# Another bird ID, anyone know?



## feralpigeon (Feb 14, 2005)

I was given this bird by some folks on behalf of their neighbor who found it
one day in her driveway. This hen was banded and the bird was no longer
wanted by the owner when called. The finder must have taken the band off
as when it was given to me their was no band on the leg.

Does anyone know what kind of bird Hennie is?

http://family.webshots.com/album/561304438kCrKVS

She's a small bird and weighs about 200 grams...

Thanks,

fp


----------



## stach_n_flash (Mar 15, 2006)

Looks like a roller or a tumbler. But sounds like a roller as I have raised both and the rollers are always lighter. 

It has nice white flights though  hopefully george will stop by and shed some light on this.


----------



## Margarret (May 3, 2007)

fp, I'm about 99.9 % sure that Hennie is a Domestic Show Flight. She is quite a lovely bird and looks possibly show marked from what I can see. Looks like a good example of the breed. They are cute little plumpkins. I'm surprised the owner didn't want her back. They are not all that common.

Margaret







feralpigeon said:


> Does anyone know what kind of bird Hennie is?
> She's a small bird and weighs about 200 grams...
> 
> Thanks,
> ...


----------



## feralpigeon (Feb 14, 2005)

Margarret said:


> fp, I'm about 99.9 % sure that Hennie is a Domestic Show Flight. She is quite a lovely bird and looks possibly show marked from what I can see. Looks like a good example of the breed. They are cute little plumpkins. I'm surprised the owner didn't want her back. They are not all that common.
> 
> Margaret


You are saying that Hennie is the same breed as Lance the mate in the cage?
Lance is a rescue from this forum who is banded and the owner didn't want
him. I traced him w/the help of Treesa and Terry to the President of the
club in NYC and he didn't want him back. Gave me info on where I could get
him a mate locally.
Hennie was banded apparently but the finder must have taken the band
off when the owner relinquished ownership. They were an older couple who
owned birds and took the bird in but the husband had failing health and 
the neighbors (who made this all happen) approached me asking if I would take the bird. 

Hennie seems so much smaller than Lance, I just wasn't sure. They are really
very well suited for each other and it was almost love at first sight. She is
a sweetheart and bonded w/the finders laying 6 eggs while she was there.
I don't know what to say about the original owner. There was no band on the leg when the neighbor gave her to me.

fp


----------



## feralpigeon (Feb 14, 2005)

BTW, Margaret, what does showmarked mean? 

fp


----------



## Hillybean (Oct 30, 2005)

I agree, Hennie is a Domestic Show Flight.

I say, I agree because of the other pictures I have seen.

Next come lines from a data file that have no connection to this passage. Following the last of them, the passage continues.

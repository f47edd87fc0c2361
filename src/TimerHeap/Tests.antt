-- ===== src/TimerHeap/Tests.antt =====
-- The theorems about the timer heap at inputs that meet their hypotheses.
use picokernel.Prelude.{
  ◌<◌, ◌≤◌, ◌≢◌, ◌^◌, some, ℕ, ◌+◌, ◌≡◌, refl, arith, update, ◌==◌, if◌then◌else◌,
}
use picokernel.State.{Ptr, null, Kerr, WorkState, Request, Kernel}
use picokernel.TimerHeap.{
  navigate, msb_loop, descend, bubble_up, bubble_down, insert, extract_min, delete,
}
use picokernel.TimerHeap.Layout.{Layout}
use picokernel.TimerHeap.Link.{Outside}
use picokernel.TimerHeap.Insert.{IsHeap, Inserted, insert-IsHeap}
use picokernel.TimerHeap.Remove.{root_position, Removed, extract_min-IsHeap}
use picokernel.TimerHeap.Delete.{delete-IsHeap}
use picokernel.TimerHeap.Order.{Rising, Sinking}
use picokernel.TimerHeap.Bubble.{Restored, bubble_up-Restored, bubble_down-Restored}

abbrev node : Ptr → Ptr → Request
node l r = record {
  work = record {
    op = 1;
    callback = 1;
    ctx = 0;
    result = Kerr.ok;
    state = WorkState.live;
    flags = 0;
    next = 0;
    prev = 0;
  };
  deadline_ns = 5;
  parent = 0;
  left = l;
  right = r;
}

-- Five nodes at the addresses 10, 20, 30, 40, 50, in the order of their positions.
abbrev five : Ptr → Request
five = update (update (λ a. node 0 0) 10 (node 20 30)) 20 (node 40 50)

navigate-five : navigate five 10 5 ≡ 50
unfolding navigate msb_loop descend
navigate-five = refl

-- Two nodes at the addresses 10 and 20; the child is due first.
abbrev pair_at : ℕ → Ptr
pair_at p = if p == 1 then 10 else if p == 2 then 20 else 0

abbrev pair : Ptr → Request
pair =
    update (update (λ a. node 0 0) 10 (record (node 20 0) { deadline_ns = 7 })) 20
      (record (node 0 0) { parent = 10 })

pair-Layout : Layout pair pair_at 2
pair-Layout = record {
  inside = λ p lo hi. ground arith;
  above = refl;
  outside = λ p out. ground arith;
  left = λ p lo hi. ground arith;
  right = λ p lo hi. ground arith;
  parent = λ p lo hi. ground arith;
  distinct = λ p q p0 p1 q0 q1 e. ground arith;
}

pair-Rising : Rising pair_at 2 pair 2
pair-Rising = record {
  others = λ q q0 q1 ne. absurd (omega arith);
  across = λ q lo q1 e. absurd (omega arith);
}

pair-Sinking : Sinking pair_at 2 pair 1
pair-Sinking = record {
  others = λ q q0 q1 ne. absurd (omega arith);
  across = λ q lo q1 e. absurd (omega arith);
}

bubble_up-Restored_example : Restored pair_at 2 pair (bubble_up 64 20 pair)
bubble_up-Restored_example =
    bubble_up-Restored 64 pair 2 pair-Layout (omega arith) (omega arith) (omega arith) pair-Rising

bubble_down-Restored_example : Restored pair_at 2 pair (bubble_down 64 10 pair)
bubble_down-Restored_example =
    bubble_down-Restored 64 pair 1 pair-Layout (omega arith) (omega arith) (omega arith)
      pair-Sinking

-- The same tree in order.
abbrev sorted : Ptr → Request
sorted =
    update (update (λ a. node 0 0) 10 (record (node 20 0) { deadline_ns = 3 })) 20
      (record (node 0 0) { parent = 10 })

abbrev two : Kernel
two = record {
  requests = sorted;
  submit_queue_head = 0;
  submit_queue_tail = 0;
  cancel_queue_head = 0;
  ready_queue_head = 0;
  timer_heap_root = 10;
  timer_heap_size = 2;
  current_time_ns = 0;
}

sorted-Layout : Layout sorted pair_at 2
sorted-Layout = record {
  inside = λ p lo hi. ground arith;
  above = refl;
  outside = λ p out. ground arith;
  left = λ p lo hi. ground arith;
  right = λ p lo hi. ground arith;
  parent = λ p lo hi. ground arith;
  distinct = λ p q p0 p1 q0 q1 e. ground arith;
}

two-IsHeap : IsHeap two pair_at
two-IsHeap = record { root = refl; layout = sorted-Layout; ordered = λ p lo hi. ground arith }

thirty_there : 30 ≢ null
thirty_there = λ e. absurd (omega arith)

thirty-Outside : Outside pair_at 2 30
thirty-Outside p lo hi e = ground arith

three_small : 2 + 1 < 2 ^ 63
three_small = omega arith

insert-IsHeap_example :
    (k' : Kernel) × (insert two 30 ≡ some k')
    × Inserted two-IsHeap 30 thirty_there thirty-Outside three_small k'
insert-IsHeap_example = insert-IsHeap two-IsHeap 30 thirty_there thirty-Outside three_small

one_positive : 0 < 1
one_positive = omega arith

one_within : 1 ≤ 1
one_within = omega arith

two_small : 1 + 1 < 2 ^ 63
two_small = omega arith

delete-IsHeap_example :
    (k' : Kernel) × (delete two 10 ≡ some k')
    × Removed two-IsHeap 1 refl one_positive two_small 1 one_positive one_within k'
delete-IsHeap_example =
    delete-IsHeap two-IsHeap 1 refl one_positive two_small 1 one_positive one_within

extract_min-IsHeap_example :
    (k' : Kernel) × (extract_min two ≡ some (10, k'))
    × Removed two-IsHeap 1 refl one_positive two_small 1 root_position one_positive k'
    × (k'.timer_heap_root ≡ 10)
extract_min-IsHeap_example = extract_min-IsHeap two-IsHeap 1 refl one_positive two_small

Also Hennie reminded me of someone and then it hit me.

Hennie looks like this beauty!!! OK, sorta!

Yep, Griffen is a Pygmy Pouter/Domestic Show Flight cross !
See his pretty flight feathers , he just got done with his bath in the picture . 

I looked up on Demestic show flights after I got him, and remembered all the pictures I looked up.

-Hilly


----------



## feralpigeon (Feb 14, 2005)

Hillybean said:


> I agree, Hennie is a Domestic Show Flight.
> 
> I say, I agree because of the other pictures I have seen. Also Hennie reminded me of someone and then it hit me.
> 
> ...


Hilly, the other pij in the pics is a Domestic Show Flight as well.
I'm tickled to death if she's a Domestic Show Flight  It all makes sense
to me why it was just so natural for them after seeing Lance interact w/ferals, lol....She is so much more fragile than Lance.

fp


----------



## Hillybean (Oct 30, 2005)

FP,
I just took a better look at Lance (the last photo). Yep, he looks like one too. At least their heads and beaks look similar.
Do you by chance have a pic of him standing up??

Hennie, looks like a Domestic Show Flight to me.
George for sure will know.

Of course she is fragile, she is a girl ! He's the tough guy and she is the girly girl .

That's REALLY awsome if they are both Domestic Show Flights. 
-Hilly


----------



## Margarret (May 3, 2007)

feralpigeon said:


> BTW, Margaret, what does showmarked mean?
> 
> fp


fp,

Yes, Hennie and Lance are the same breed and also the same color family. Show marked means they conform to the color specifics in the breed standard. Domestic Show Flights must have at least six white primary flights on each wing and twelve solid color(not white)tail feathers. Lance is a red teager(which is what the mixed red white is called). Lance may be a mis mark or have some other show flaw which is why the breeder didn't want him back. They are a small breed so don't worry about her size. Here is a link to the Australian club so you can see more of the breed. For some reason the New York Combine site is kaput. They are the original people that developed this breed. 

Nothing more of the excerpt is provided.